• **The task**
Report each line of the listing below that holds "packets".

• **Data to process**
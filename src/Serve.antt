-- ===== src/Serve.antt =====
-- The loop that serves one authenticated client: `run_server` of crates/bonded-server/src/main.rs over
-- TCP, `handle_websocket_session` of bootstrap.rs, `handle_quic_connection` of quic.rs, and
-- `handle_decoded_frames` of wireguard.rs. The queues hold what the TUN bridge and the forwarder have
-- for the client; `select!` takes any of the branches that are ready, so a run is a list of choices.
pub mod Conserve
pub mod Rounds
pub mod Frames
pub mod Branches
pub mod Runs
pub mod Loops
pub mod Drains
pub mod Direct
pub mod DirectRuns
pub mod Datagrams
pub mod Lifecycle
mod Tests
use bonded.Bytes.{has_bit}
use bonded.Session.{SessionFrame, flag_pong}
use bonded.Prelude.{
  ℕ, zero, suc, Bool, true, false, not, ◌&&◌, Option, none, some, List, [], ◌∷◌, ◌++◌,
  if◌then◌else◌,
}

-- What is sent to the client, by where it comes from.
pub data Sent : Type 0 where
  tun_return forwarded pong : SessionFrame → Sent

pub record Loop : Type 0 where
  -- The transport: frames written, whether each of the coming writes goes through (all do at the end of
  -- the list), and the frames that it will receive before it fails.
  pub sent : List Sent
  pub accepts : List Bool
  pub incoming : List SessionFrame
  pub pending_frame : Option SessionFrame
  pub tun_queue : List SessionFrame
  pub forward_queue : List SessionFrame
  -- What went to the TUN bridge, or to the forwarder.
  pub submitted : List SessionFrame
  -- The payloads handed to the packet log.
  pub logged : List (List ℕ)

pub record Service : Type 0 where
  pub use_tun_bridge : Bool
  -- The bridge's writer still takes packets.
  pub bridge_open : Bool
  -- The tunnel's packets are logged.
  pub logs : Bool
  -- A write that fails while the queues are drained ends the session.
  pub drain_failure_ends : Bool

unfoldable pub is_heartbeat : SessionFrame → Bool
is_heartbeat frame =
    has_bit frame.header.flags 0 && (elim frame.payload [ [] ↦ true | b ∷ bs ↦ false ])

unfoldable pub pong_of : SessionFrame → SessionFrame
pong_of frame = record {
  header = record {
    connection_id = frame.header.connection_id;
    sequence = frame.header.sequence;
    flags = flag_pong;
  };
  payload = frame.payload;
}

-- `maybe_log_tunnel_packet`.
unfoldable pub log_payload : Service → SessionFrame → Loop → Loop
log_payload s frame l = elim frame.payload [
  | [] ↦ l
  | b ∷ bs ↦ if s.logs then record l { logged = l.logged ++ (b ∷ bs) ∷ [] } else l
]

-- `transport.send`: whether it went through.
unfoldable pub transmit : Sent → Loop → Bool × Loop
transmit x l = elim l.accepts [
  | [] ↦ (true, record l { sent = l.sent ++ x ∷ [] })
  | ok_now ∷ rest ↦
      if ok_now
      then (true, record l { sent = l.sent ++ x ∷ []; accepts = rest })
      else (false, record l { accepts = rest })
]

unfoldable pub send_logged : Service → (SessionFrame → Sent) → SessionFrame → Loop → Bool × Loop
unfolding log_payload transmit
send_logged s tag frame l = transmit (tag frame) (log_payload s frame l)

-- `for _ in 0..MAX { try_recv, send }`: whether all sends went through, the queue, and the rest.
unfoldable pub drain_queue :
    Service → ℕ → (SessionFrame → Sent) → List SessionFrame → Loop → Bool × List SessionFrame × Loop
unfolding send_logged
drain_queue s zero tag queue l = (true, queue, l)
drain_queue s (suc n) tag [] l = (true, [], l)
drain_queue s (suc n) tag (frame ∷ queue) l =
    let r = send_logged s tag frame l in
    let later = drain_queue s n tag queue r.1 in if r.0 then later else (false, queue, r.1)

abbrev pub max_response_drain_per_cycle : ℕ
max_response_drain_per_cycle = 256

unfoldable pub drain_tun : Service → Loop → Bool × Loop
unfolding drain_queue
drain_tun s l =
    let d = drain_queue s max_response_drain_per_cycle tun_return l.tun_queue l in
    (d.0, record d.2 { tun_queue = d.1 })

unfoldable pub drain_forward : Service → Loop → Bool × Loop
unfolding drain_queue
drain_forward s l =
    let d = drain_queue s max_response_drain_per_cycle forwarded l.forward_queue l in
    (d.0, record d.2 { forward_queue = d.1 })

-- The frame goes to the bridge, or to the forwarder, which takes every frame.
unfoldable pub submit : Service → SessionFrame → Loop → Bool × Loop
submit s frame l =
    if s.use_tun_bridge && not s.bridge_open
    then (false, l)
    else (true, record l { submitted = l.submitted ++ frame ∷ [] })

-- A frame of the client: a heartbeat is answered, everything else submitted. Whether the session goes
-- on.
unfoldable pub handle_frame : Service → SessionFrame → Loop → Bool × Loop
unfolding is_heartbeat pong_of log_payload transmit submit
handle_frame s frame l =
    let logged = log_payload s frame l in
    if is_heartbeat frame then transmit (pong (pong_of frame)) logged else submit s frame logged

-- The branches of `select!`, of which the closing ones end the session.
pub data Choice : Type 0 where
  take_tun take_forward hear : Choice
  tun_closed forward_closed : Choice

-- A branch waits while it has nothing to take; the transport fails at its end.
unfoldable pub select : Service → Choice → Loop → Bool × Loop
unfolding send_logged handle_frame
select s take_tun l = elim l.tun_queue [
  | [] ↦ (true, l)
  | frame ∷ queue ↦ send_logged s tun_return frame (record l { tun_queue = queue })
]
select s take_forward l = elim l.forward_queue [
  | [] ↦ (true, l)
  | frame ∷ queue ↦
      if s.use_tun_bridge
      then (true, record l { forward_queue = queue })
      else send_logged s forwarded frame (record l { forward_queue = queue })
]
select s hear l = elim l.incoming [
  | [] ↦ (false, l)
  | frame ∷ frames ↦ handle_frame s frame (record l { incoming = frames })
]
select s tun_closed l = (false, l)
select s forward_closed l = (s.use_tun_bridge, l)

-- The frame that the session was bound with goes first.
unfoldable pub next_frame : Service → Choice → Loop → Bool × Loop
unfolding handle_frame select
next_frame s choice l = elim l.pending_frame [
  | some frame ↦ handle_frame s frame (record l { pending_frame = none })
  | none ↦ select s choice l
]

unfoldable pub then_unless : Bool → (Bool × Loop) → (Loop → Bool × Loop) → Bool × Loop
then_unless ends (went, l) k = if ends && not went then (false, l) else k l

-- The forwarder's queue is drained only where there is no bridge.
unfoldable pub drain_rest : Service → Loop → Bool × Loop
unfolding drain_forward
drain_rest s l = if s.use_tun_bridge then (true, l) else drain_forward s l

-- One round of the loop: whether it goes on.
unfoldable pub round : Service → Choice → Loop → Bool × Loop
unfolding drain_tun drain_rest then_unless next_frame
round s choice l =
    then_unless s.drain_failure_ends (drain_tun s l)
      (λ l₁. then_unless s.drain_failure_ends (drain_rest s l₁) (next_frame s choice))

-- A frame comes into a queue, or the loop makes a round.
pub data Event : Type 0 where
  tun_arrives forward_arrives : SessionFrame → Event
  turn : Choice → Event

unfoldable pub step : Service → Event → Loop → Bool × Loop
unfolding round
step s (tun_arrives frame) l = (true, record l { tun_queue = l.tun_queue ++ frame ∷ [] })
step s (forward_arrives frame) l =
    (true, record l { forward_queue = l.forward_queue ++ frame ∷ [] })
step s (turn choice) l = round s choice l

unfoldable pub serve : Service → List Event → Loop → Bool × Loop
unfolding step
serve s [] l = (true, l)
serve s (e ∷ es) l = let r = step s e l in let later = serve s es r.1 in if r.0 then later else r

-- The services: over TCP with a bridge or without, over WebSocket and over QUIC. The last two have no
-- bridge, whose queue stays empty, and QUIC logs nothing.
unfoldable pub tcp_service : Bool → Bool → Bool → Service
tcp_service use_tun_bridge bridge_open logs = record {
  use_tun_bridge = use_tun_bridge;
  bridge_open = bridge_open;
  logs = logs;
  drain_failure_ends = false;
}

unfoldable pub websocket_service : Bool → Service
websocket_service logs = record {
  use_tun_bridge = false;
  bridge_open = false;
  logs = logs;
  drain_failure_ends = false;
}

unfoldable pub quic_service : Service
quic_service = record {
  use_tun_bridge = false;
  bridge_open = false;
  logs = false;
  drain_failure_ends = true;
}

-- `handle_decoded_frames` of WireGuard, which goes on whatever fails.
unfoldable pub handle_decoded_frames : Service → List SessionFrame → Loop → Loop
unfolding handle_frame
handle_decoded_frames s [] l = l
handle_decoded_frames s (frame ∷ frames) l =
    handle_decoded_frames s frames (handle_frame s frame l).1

• **Solution for this exercise**
  -- The bridge's writer still takes packets.
  -- The tunnel's packets are logged.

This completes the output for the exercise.